OncoRTT: Predicting novel oncology-related therapeutic targets using BERT embeddings and omics features

Late-stage drug development failures are usually a consequence of ineffective targets. Thus, proper target identification is needed, which may be possible using computational approaches. The reason being, effective targets have disease-relevant biological functions, and omics data unveil the proteins involved in these functions. Also, properties that favor the existence of binding between drug and target are deducible from the protein's amino acid sequence. In this work, we developed OncoRTT, a deep learning (DL)-based method for predicting novel therapeutic targets.
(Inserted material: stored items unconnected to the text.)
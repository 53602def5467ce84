-- ===== src/Avl/Inserted/Retrace.antt =====
-- The way up after an insertion (lib/avl.bpf.h): the subtree that has grown by a level makes the
-- whole a balanced tree again.
use ghost_userspace_o.Base.{
  ℕ, zero, suc, ◌≤◌, ◌≡◌, Bool, true, false, refl, sym, ap, subst, ◌∙◌, ◌⊎◌, inl, inr, ◌==◌,
  ==_refl, ◌++◌, [], arith,
}
use Prim.Native.Nat.{max}
use ghost_userspace_o.Base.Int.{pos, negsuc}
use ghost_userspace_o.ArrList.Links.{update_at}
use ghost_userspace_o.Avl.{Nodes}
use ghost_userspace_o.Avl.Rotate.{is_level, rotate_up, relink}
use ghost_userspace_o.Avl.Insert.{retrace_insert}
use ghost_userspace_o.Avl.Tree.{
  Tree, node, Place, top, left_of, right_of, inorder, height, before, after, above_id, depth,
  plug_height, plug_height_mono,
}
use ghost_userspace_o.Avl.Held.{count-node, once_self, around-right}
use ghost_userspace_o.Avl.Held.Around.{root_id-other, Kids-root_id}
use ghost_userspace_o.Avl.Rotated.{Lost}
use ghost_userspace_o.Avl.Rotated.Tied.{Tied, rotate_left_heavy, rotate_right_heavy}
use ghost_userspace_o.Avl.Spot.{
  Spot, Rebuilt, Rebuilt-as, Spot-Rebuilt, Spot-left, Spot-right, weighed, unplug_left,
  unplug_right, unplug_left-distinct, unplug_right-distinct, ==_ne,
}

Lost-one : (level : Bool) (g h : ℕ) → level ≡ false → Lost level g h → suc g ≡ h
Lost-one true g h p l = cc
Lost-one false g h p l = l

grown_not_level : (g h : ℕ) (level : Bool) → (g ≡ 0) ⊎ (level ≡ false) → g ≡ suc h → level ≡ false
grown_not_level g h level (inl p) e = absurd (omega arith)
grown_not_level g h level (inr p) e = p

Spot-top :
    (n : Nodes) (root : ℕ) (t : Tree) (g : ℕ) → Spot n root top t g → Spot n root top t (height t)
Spot-top n root t g s = record {
  kids_at = s.kids_at;
  kids = s.kids;
  up_at = s.up_at;
  up = s.up;
  bal_at = tt;
  bal = s.bal;
  distinct = s.distinct;
}

-- A rotation absorbs the level.
Tied-Rebuilt :
    (n n' : Nodes) (root : ℕ) (c : Place) (t : Tree) (level : Bool) (h m : ℕ)
    → Tied n c t level h n' root
    → level ≡ false
    → height t ≡ suc h
    → h ≤ m
    → Rebuilt n (before c ++ (inorder t ++ after c)) (plug_height c m) n' root
Tied-Rebuilt n n' root c t level h m s l e p =
    let low : height s.tree ≡ h =
      omega (arith, Lost-one level (height s.tree) (height t) l s.lost) in
    let b =
      Spot-Rebuilt n n' root c s.tree (subst (Spot n' root c s.tree) (sym low) s.spot) s.rest in
    Rebuilt-as n n (before c ++ (inorder s.tree ++ after c)) (before c ++ (inorder t ++ after c))
      (plug_height c (height s.tree)) (plug_height c m) n' root
      (ap (λ xs. before c ++ (xs ++ after c)) s.same)
      (plug_height_mono c (height s.tree) m (omega arith))
      (record { keys = refl; orphan = refl; orphans = refl }) b

-- If a subtree has grown by a level in its place, around which the tree is balanced for the
-- height before, its root is not level unless it is the new node, and there are at least as many
-- rounds as the place is deep, then the loop of avl_tree_insert from the node above makes a
-- whole balanced tree that reads the same nodes in the same order and is no higher than with the
-- grown subtree in place.
pub retrace_insert-Rebuilt :
    (k : ℕ) (n : Nodes) (root : ℕ) (c : Place) (a : Tree) (z : ℕ) (b : Tree) (g : ℕ)
    → depth c ≤ k
    → Spot n root c (node a z b) g
    → height (node a z b) ≡ suc g
    → (g ≡ 0) ⊎ (is_level (n.balance z) ≡ false)
    → Rebuilt n
        (before c ++ (inorder (node a z b) ++ after c))
        (plug_height c (suc g))
        (retrace_insert k n root (above_id c) z).0
        (retrace_insert k n root (above_id c) z).1
unfolding retrace_insert
retrace_insert-Rebuilt zero n root top a z b g f s h grown =
    subst (λ m. Rebuilt n (inorder (node a z b) ++ []) m n root) h
      (Spot-Rebuilt n n root top (node a z b) (Spot-top n root (node a z b) g s)
        (record { keys = refl; orphan = refl; orphans = refl }))
retrace_insert-Rebuilt (suc k) n root top a z b g f s h grown =
    subst (λ m. Rebuilt n (inorder (node a z b) ++ []) m n root) h
      (Spot-Rebuilt n n root top (node a z b) (Spot-top n root (node a z b) g s)
        (record { keys = refl; orphan = refl; orphans = refl }))
retrace_insert-Rebuilt zero n root (left_of c x t) a z b g f s h grown = absurd (omega arith)
retrace_insert-Rebuilt zero n root (right_of t x c) a z b g f s h grown = absurd (omega arith)
retrace_insert-Rebuilt (suc k) n root (left_of c x t) a z b g f s h grown =
    let (p, kb, kc) = s.kids_at in
    let (o, ub, uc) = s.up_at in
    let (w, bb, bc) = s.bal_at in
    let left : (n.left_id x == suc z) ≡ true = rw (p) (==_refl (suc z)) in
    elim w [
      | inl (q, e) ↦
          let m = weighed n root c (node a z b) x t g (negsuc 0) in
          let k' =
            retrace_insert-Rebuilt k m root c (node a z b) x t (suc (max g (height t)))
              (omega arith)
              (Spot-left n root c (node a z b) x t g (negsuc 0) s (inr (inr (refl, omega arith))))
              (omega arith) (inr (ap is_level (update_at n.balance x (negsuc 0)))) in
          rw (q, left, o)
            (Rebuilt-as n m (before c ++ (inorder (node (node a z b) x t) ++ after c))
              (before (left_of c x t) ++ (inorder (node a z b) ++ after (left_of c x t)))
              (plug_height c (suc (suc (max g (height t))))) (plug_height (left_of c x t) (suc g))
              (retrace_insert k m root (above_id c) x).0 (retrace_insert k m root (above_id c) x).1
              (unplug_left c (node a z b) x t)
              (plug_height_mono c (suc (suc (max g (height t)))) (suc (max (suc g) (height t)))
                (omega arith))
              (record { keys = refl; orphan = refl; orphans = refl }) k')
      | inr (inl (q, e)) ↦
          let k' =
            Spot-Rebuilt n (weighed n root c (node a z b) x t g (pos 0)) root c
              (node (node a z b) x t)
              (subst
                (Spot (weighed n root c (node a z b) x t g (pos 0)) root c (node (node a z b) x t))
                (omega arith)
                (Spot-left n root c (node a z b) x t g (pos 0) s (inl (refl, omega arith))))
              (record { keys = refl; orphan = refl; orphans = refl }) in
          rw (q, left)
            (Rebuilt-as n n (before c ++ (inorder (node (node a z b) x t) ++ after c))
              (before (left_of c x t) ++ (inorder (node a z b) ++ after (left_of c x t)))
              (plug_height c (height (node (node a z b) x t))) (plug_height (left_of c x t) (suc g))
              (weighed n root c (node a z b) x t g (pos 0)) root (unplug_left c (node a z b) x t)
              (plug_height_mono c (height (node (node a z b) x t)) (suc (max (suc g) (height t)))
                (omega arith))
              (record { keys = refl; orphan = refl; orphans = refl }) k')
      | inr (inr (q, e)) ↦
          let r =
            rotate_left_heavy n root c a z b x t (suc (max g (height t)))
              (record {
                kids_at = kc;
                kids = (refl, rw (p) s.kids, kb);
                up_at = uc;
                up = (o, s.up, ub);
                bal_at = bc;
                bal_left = s.bal;
                bal_right = bb;
                distinct = unplug_left-distinct c (node a z b) x t s.distinct;
              })
              (omega arith) in
          let (relinked, root') = relink (rotate_up true n x z) root x (above_id c) in
          let k' =
            Tied-Rebuilt n relinked root' c (node (node a z b) x t) (is_level (n.balance z))
              (suc (max g (height t))) (height (node (node a z b) x t)) r
              (grown_not_level g (height t) (is_level (n.balance z)) grown e) (omega arith)
              (omega arith) in
          rw (q, left, o)
            (Rebuilt-as n n (before c ++ (inorder (node (node a z b) x t) ++ after c))
              (before (left_of c x t) ++ (inorder (node a z b) ++ after (left_of c x t)))
              (plug_height c (height (node (node a z b) x t))) (plug_height (left_of c x t) (suc g))
              relinked root' (unplug_left c (node a z b) x t)
              (plug_height_mono c (height (node (node a z b) x t)) (suc (max (suc g) (height t)))
                (omega arith))
              (record { keys = refl; orphan = refl; orphans = refl }) k')
    ]
retrace_insert-Rebuilt (suc k) n root (right_of t x c) a z b g f s h grown =
    let (p, kb, kc) = s.kids_at in
    let (o, ub, uc) = s.up_at in
    let (w, bb, bc) = s.bal_at in
    let left : (n.left_id x == suc z) ≡ false = ==_ne (n.left_id x) (suc z) (λ i.
      root_id-other t z
        (omega (arith, s.distinct z, count-node z a z b, once_self z, around-right z t x c))
        (sym (Kids-root_id n.left_id n.right_id t (n.left_id x) kb) ∙ i)) in
    elim w [
      | inl (q, e) ↦
          let m = weighed n root c (node a z b) x t g (pos 1) in
          let k' =
            retrace_insert-Rebuilt k m root c t x (node a z b) (suc (max (height t) g))
              (omega arith)
              (Spot-right n root c (node a z b) x t g (pos 1) s (inr (inl (refl, omega arith))))
              (omega arith) (inr (ap is_level (update_at n.balance x (pos 1)))) in
          rw (q, left, o)
            (Rebuilt-as n m (before c ++ (inorder (node t x (node a z b)) ++ after c))
              (before (right_of t x c) ++ (inorder (node a z b) ++ after (right_of t x c)))
              (plug_height c (suc (suc (max (height t) g)))) (plug_height (right_of t x c) (suc g))
              (retrace_insert k m root (above_id c) x).0 (retrace_insert k m root (above_id c) x).1
              (unplug_right c t x (node a z b))
              (plug_height_mono c (suc (suc (max (height t) g))) (suc (max (height t) (suc g)))
                (omega arith))
              (record { keys = refl; orphan = refl; orphans = refl }) k')
      | inr (inl (q, e)) ↦
          let r =
            rotate_right_heavy n root c t x a z b (suc (max (height t) g))
              (record {
                kids_at = kc;
                kids = (refl, kb, rw (p) s.kids);
                up_at = uc;
                up = (o, ub, s.up);
                bal_at = bc;
                bal_left = bb;
                bal_right = s.bal;
                distinct = unplug_right-distinct c t x (node a z b) s.distinct;
              })
              (omega arith) in
          let (relinked, root') = relink (rotate_up false n x z) root x (above_id c) in
          let k' =
            Tied-Rebuilt n relinked root' c (node t x (node a z b)) (is_level (n.balance z))
              (suc (max (height t) g)) (height (node t x (node a z b))) r
              (grown_not_level g (height t) (is_level (n.balance z)) grown e) (omega arith)
              (omega arith) in
          rw (q, left, o)
            (Rebuilt-as n n (before c ++ (inorder (node t x (node a z b)) ++ after c))
              (before (right_of t x c) ++ (inorder (node a z b) ++ after (right_of t x c)))
              (plug_height c (height (node t x (node a z b))))
              (plug_height (right_of t x c) (suc g)) relinked root'
              (unplug_right c t x (node a z b))
              (plug_height_mono c (height (node t x (node a z b))) (suc (max (height t) (suc g)))
                (omega arith))
              (record { keys = refl; orphan = refl; orphans = refl }) k')
      | inr (inr (q, e)) ↦
          let k' =
            Spot-Rebuilt n (weighed n root c (node a z b) x t g (pos 0)) root c
              (node t x (node a z b))
              (subst
                (Spot (weighed n root c (node a z b) x t g (pos 0)) root c (node t x (node a z b)))
                (omega arith)
                (Spot-right n root c (node a z b) x t g (pos 0) s (inl (refl, omega arith))))
              (record { keys = refl; orphan = refl; orphans = refl }) in
          rw (q, left)
            (Rebuilt-as n n (before c ++ (inorder (node t x (node a z b)) ++ after c))
              (before (right_of t x c) ++ (inorder (node a z b) ++ after (right_of t x c)))
              (plug_height c (height (node t x (node a z b))))
              (plug_height (right_of t x c) (suc g)) (weighed n root c (node a z b) x t g (pos 0))
              root (unplug_right c t x (node a z b))
              (plug_height_mono c (height (node t x (node a z b))) (suc (max (height t) (suc g)))
                (omega arith))
              (record { keys = refl; orphan = refl; orphans = refl }) k')
    ]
OncoRTT is designed to reduce suboptimal target selection by identifying novel targets based on features of known effective targets using DL approaches. First, we created the OncologyTT datasets, which include genes/proteins associated with ten prevalent cancer types. Then, we generated three sets of features for all genes: omics features, the proteins' amino-acid sequence BERT embeddings, and the integrated features to train and test the DL classifiers separately. The models achieved high prediction performances in terms of area under the curve (AUC), i.e., AUC greater than 0.88 for all cancer types, with a maximum of 0.95 for leukemia. Also, OncoRTT outperformed the state-of-the-art method using their data in five out of seven cancer types commonly assessed by both methods. Furthermore, OncoRTT predicts novel therapeutic targets using new test data related to the seven cancer types. We further corroborated these results with other validation evidence using the Open Targets Platform and a case study focused on the top-10 predicted therapeutic targets for lung cancer.

Automated summary

Late-stage drug development failures are often due to ineffective targets. Computational approaches can help identify proper targets by analyzing disease-related biological functions and protein data. OncoRTT, a deep learning method, was developed to predict novel therapeutic targets using features of known effective targets. It achieved high prediction performances for multiple cancer types and outperformed the state-of-the-art method in most cases. Validation evidence from the Open Targets Platform and a case study in lung cancer further supported its effectiveness.